Who knew! Glad to see they aren't rushing this out the door and are (hopefully) putting in the time to do it right. Judging by the amount of thought they've already put into this email, I'm already impressed.

Google will have a challenge in presenting their myriad of services in an easy to understand dashboard. Their online services are complex, highly GUI oriented, and distributed in such a way that a small fraction of users could be down while the rest of the world is fine. My three big questions for Google are:
  1. How will you be collecting your uptime and performance data? Can we rely on it to be accurate and unbaised?
  2. What will be considered "downtime" for a complex app like Google Docs or Gmail?
  3. How will you communicate with your users during the downtime event? Will that communication channel be easy to find?
I'm looking forward to seeing what Google comes up with. I have no doubt the release of a Google Health Status Dashboard will not only be huge news for the tech industry, but will be the tipping point that drives all serious SaaS services to offer their own status dashboard. Transparency is so close I can taste it!

Wednesday, November 12, 2008

Zoho opens up their kimono and the blogosphere applauds

Big news from Zoho (provider of online applications and services that compete with Google and Microsoft). As of yesterday, they have reached the next level in uptime transparency by launching Zoho Service Health Status! As Raju Vegesna states in their big announcement, "This initiative is yet another step to being more open and transparent with our users." Kudos to Zoho for recognizing the need and delivering. They join Amazon AWS and SalesForce as the three large service providers offering a very public health dashboard of their services.

I'm really excited to see that the blogosphere gets the significance of this move:

Mashable:
"One frequent problem with web applications and services - and thus the whole web 2.0 phenomenon - is lack of communication when something goes wrong.

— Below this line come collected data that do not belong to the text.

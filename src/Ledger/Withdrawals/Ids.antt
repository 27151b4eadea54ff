-- ===== src/Ledger/Withdrawals/Ids.antt =====
-- Moving a request gives out no id, and a claim finds it pending and leaves it processing.
use dex_backend.Base.{
  ℕ, suc, Bool, ◌≡◌, ◌∙◌, refl, ap, true, inl, inr, Option, none, some, [], ◌∷◌, arith,
  Option-cases,
}
use dex_backend.Base.Key.{nat_key}
use dex_backend.Result.{ok, err, Err, Result-cases}
use dex_backend.Text.Bytes.{Str}
use dex_backend.Table.{Table, select, insert, update}
use dex_backend.Table.Laws.{select-update_self}
use dex_backend.Schema.{LedgerStatus, processing, LedgerEntry, LedgerDb}
use dex_backend.Tx.{Tx, transact}
use dex_backend.Tx.Laws.{bind-ok, query-bind, found-bind, check-bind, transact-ok, transact-err}
use dex_backend.Ledger.Cells.{lock_balance_tx-Same}
use dex_backend.Ledger.Transfers.Steps.{Reads-bind, debit_balance_tx-Debited}
use dex_backend.Ledger.Deposits.Laws.{insert_entry-ok}
use dex_backend.Ledger.Withdrawals.Request.{request_entry}
use dex_backend.Ledger.Withdrawals.{
  is_pending, requests, set_status, move_request, confirm_with, confirm_entry,
  insert_withdrawal_request, mark_withdrawal_processing, mark_withdrawal_confirmed,
  mark_withdrawal_failed, reject_withdrawal_request,
}
use dex_backend.Ledger.Withdrawals.Moves.{requests-eq}

-- The next id is the same, and no id has an entry that had none.
pub record SameIds (db db' : LedgerDb) : Type 0 where
  pub next : db'.next_id ≡ db.next_id
  pub absent : (j : ℕ) → select j db.ledger_entries ≡ none → select j db'.ledger_entries ≡ none

select-update-none :
    (i j : ℕ) (g : LedgerEntry → LedgerEntry) (rows : Table ℕ LedgerEntry)
    → select j rows ≡ none
    → select j (update i g rows) ≡ none
unfolding select update
select-update-none i j g [] h = refl
select-update-none i j g ((l, e) ∷ rows) h = ground (arith, select-update-none i j g rows)

SameIds-refl :
    {db db' : LedgerDb}
    → db'.next_id ≡ db.next_id
    → db'.ledger_entries ≡ db.ledger_entries
    → SameIds db db'
SameIds-refl next rows = record { next = next; absent = λ j h. rw rows h }

SameIds-update :
    (id : ℕ) (g : LedgerEntry → LedgerEntry) {db db' : LedgerDb}
    → db'.next_id ≡ db.next_id
    → db'.ledger_entries ≡ update id g db.ledger_entries
    → SameIds db db'
SameIds-update id g {db} next rows = record {
  next = next;
  absent = λ j h. rw rows (select-update-none id j g db.ledger_entries h);
}

SameIds-then :
    {db d d' : LedgerDb}
    → SameIds db d
    → d'.next_id ≡ d.next_id
    → d'.ledger_entries ≡ d.ledger_entries
    → SameIds db d'
SameIds-then s next rows = record { next = next ∙ s.next; absent = λ j h. rw rows (s.absent j h) }

move_request-SameIds :
    (id : ℕ) (test : LedgerStatus → Bool) (to : LedgerStatus) (db : LedgerDb)
    {o : Option LedgerEntry} {d : LedgerDb}
    → move_request id test to db ≡ ok (o, d)
    → SameIds db d
unfolding move_request
move_request-SameIds id test to db h =
    elim (Option-cases (requests test (select id db.ledger_entries))) [
      | inl absent ↦ SameIds-refl (ground arith) (ground arith)
      | inr (e, present) ↦ SameIds-update id (set_status to) (ground arith) (ground arith)
    ]

transact-SameIds :
    {A : Type 0} (m : Tx LedgerDb A) (db : LedgerDb)
    → ((a : A) (d : LedgerDb) → m db ≡ ok (a, d) → SameIds db d)
    → SameIds db (transact m db).1
transact-SameIds m db commits = elim (Result-cases (transact m db).0) [
  | inl (a, done) ↦ commits a (transact m db).1 (transact-ok m db (ground arith))
  | inr (e, ended) ↦
      let same = transact-err m db ended in
      SameIds-refl (ap (λ (d : LedgerDb). d.next_id) same)
        (ap (λ (d : LedgerDb). d.ledger_entries) same)
]

pub process-SameIds : (id : ℕ) (db : LedgerDb) → SameIds db (mark_withdrawal_processing id db).1
unfolding mark_withdrawal_processing
process-SameIds id db = transact-SameIds _ db λ a d h.
    let (row, d0, h0, k0) = bind-ok _ _ db h in
    let (e, found, k1) = found-bind _ _ _ d0 k0 in
    let (_, d1, h2, k2) = bind-ok _ _ d0 k1 in
    let same = lock_balance_tx-Same e.user d0 h2 in
    SameIds-then (move_request-SameIds id is_pending processing db h0) (ground (arith, same.keeps))
      (ground (arith, same.keeps))

pub fail-SameIds : (id : ℕ) (db : LedgerDb) → SameIds db (mark_withdrawal_failed id db).1
unfolding mark_withdrawal_failed
fail-SameIds id db = transact-SameIds _ db λ a d h.
    let (row, d0, h0, k0) = bind-ok _ _ db h in
    SameIds-then (move_request-SameIds id _ _ db h0) (ground arith) (ground arith)

pub reject-SameIds : (id : ℕ) (db : LedgerDb) → SameIds db (reject_withdrawal_request id db).1
unfolding reject_withdrawal_request
reject-SameIds id db = transact-SameIds _ db λ a d h.
    let (row, d0, h0, k0) = bind-ok _ _ db h in
    let (e, found, k1) = found-bind _ _ _ d0 k0 in
    SameIds-then (move_request-SameIds id _ _ db h0) (ground arith) (ground arith)

pub confirm-SameIds :
    (id hash : ℕ) (db : LedgerDb) → SameIds db (mark_withdrawal_confirmed id hash db).1
unfolding mark_withdrawal_confirmed confirm_entry
confirm-SameIds id hash db = transact-SameIds _ db λ a d h.
    let (e, found, k0) = found-bind _ _ _ db (query-bind _ _ db h) in
    let (was, k1) = check-bind _ _ _ db k0 in
    let (_, d1, h2, k2) = bind-ok _ _ db k1 in
    let (_, _, _, debited) = debit_balance_tx-Debited e.user _ _ db h2 in
    let (free, k3) = check-bind _ _ _ d1 (query-bind _ _ d1 k2) in
    SameIds-update id (confirm_with hash) (ground (arith, debited.keeps))
      (ground (arith, debited.keeps))

-- A request that is claimed was pending and is processing.
pub process_claims :
    (id : ℕ) (db : LedgerDb) {e' : LedgerEntry} {d : LedgerDb}
    → mark_withdrawal_processing id db ≡ (ok e', d)
    → (e : LedgerEntry) × (select id db.ledger_entries ≡ some e)
      × (is_pending e.status ≡ true)
      × (e' ≡ set_status processing e)
      × (select id d.ledger_entries ≡ some e')
unfolding mark_withdrawal_processing move_request
process_claims id db {e'} {d} h =
    let (row, d0, h0, k0) = bind-ok _ _ db (transact-ok _ db h) in
    let (f, found, k1) = found-bind _ _ _ d0 k0 in
    let (_, d1, h2, k2) = bind-ok _ _ d0 k1 in
    let same = lock_balance_tx-Same f.user d0 h2 in
    elim (Option-cases (requests is_pending (select id db.ledger_entries))) [
      | inl absent ↦ absurd (ground arith)
      | inr (e, there) ↦
          let (present, request, was) = requests-eq is_pending _ there in
          let f_is : f ≡ set_status processing e = ground arith in
          let rows : d.ledger_entries ≡ update id (set_status processing) db.ledger_entries =
            ground (arith, same.keeps.entries) in
          (
            e,
            present,
            was,
            ground arith,
            ap (select id) rows
                ∙ select-update_self id (set_status processing) db.ledger_entries e present
                ∙ ap some (ground arith),
          )
    ]

-- A withdrawal request that is made takes a new id.
pub insert_withdrawal_request-new :
    (user : ℕ) (wallet token raw : Str) (db : LedgerDb) {id : ℕ} {d : LedgerDb}
    → insert_withdrawal_request user wallet token raw db ≡ (ok id, d)
    → (e : LedgerEntry) × (id ≡ db.next_id)
      × (d.next_id ≡ suc db.next_id)
      × (d.ledger_entries ≡ insert db.next_id e db.ledger_entries)
unfolding insert_withdrawal_request
insert_withdrawal_request-new user wallet token raw db {id} {d} h =
    let (t, x, reads, k) = Reads-bind token raw _ db (transact-ok _ db h) in
    let (_, e, h1, k1) = bind-ok _ _ db k in
    let (r, row, k2) = found-bind _ _ _ e (query-bind _ _ e (query-bind _ _ e k1)) in
    let (covered, k3) = check-bind _ _ _ e k2 in
    let (id_is, d_is) = insert_entry-ok (request_entry user wallet t x) e k3 in
    let same = lock_balance_tx-Same user db h1 in
    (
      request_entry user wallet t x,
      ground (arith, same.keeps),
      ground (arith, same.keeps),
      ground (arith, same.keeps),
    )

-- One that is refused changes nothing.
pub insert_withdrawal_request-refused :
    (user : ℕ) (wallet token raw : Str) (db : LedgerDb) {x : Err}
    → (insert_withdrawal_request user wallet token raw db).0 ≡ err x
    → (insert_withdrawal_request user wallet token raw db).1 ≡ db
unfolding insert_withdrawal_request
insert_withdrawal_request-refused user wallet token raw db h = transact-err _ db h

Sure, it’s nice to have your online e-mail client available from every computer, but what happens when it goes down? Often, it’s just you in the dark, waiting for problems to be resolved, with little or no official information on what’s happening to ease your mind...

This is a great idea. If something goes wrong with any one of Zoho’s applications, you can quickly check out if the problem is on your side or theirs. Of course, I’m sure that the folks at Zoho will continue to inform their customers about problems, updates, downtime and similar issues via blog posts, but being able to see what’s wrong for yourself, at any given time, is an advantage Zoho’s customers will certainly enjoy. All other web startups take notice: this is the level of transparency we’d like to see from everyone, not just Zoho."

WebWorkerDaily:
"After taking a look, I’d say that all applications hosted online could benefit from this level of kimono-opening."

CNET:
"Web application specialist Zoho has joined the growing ranks of companies willing to share detailed information on how well their online services are holding up.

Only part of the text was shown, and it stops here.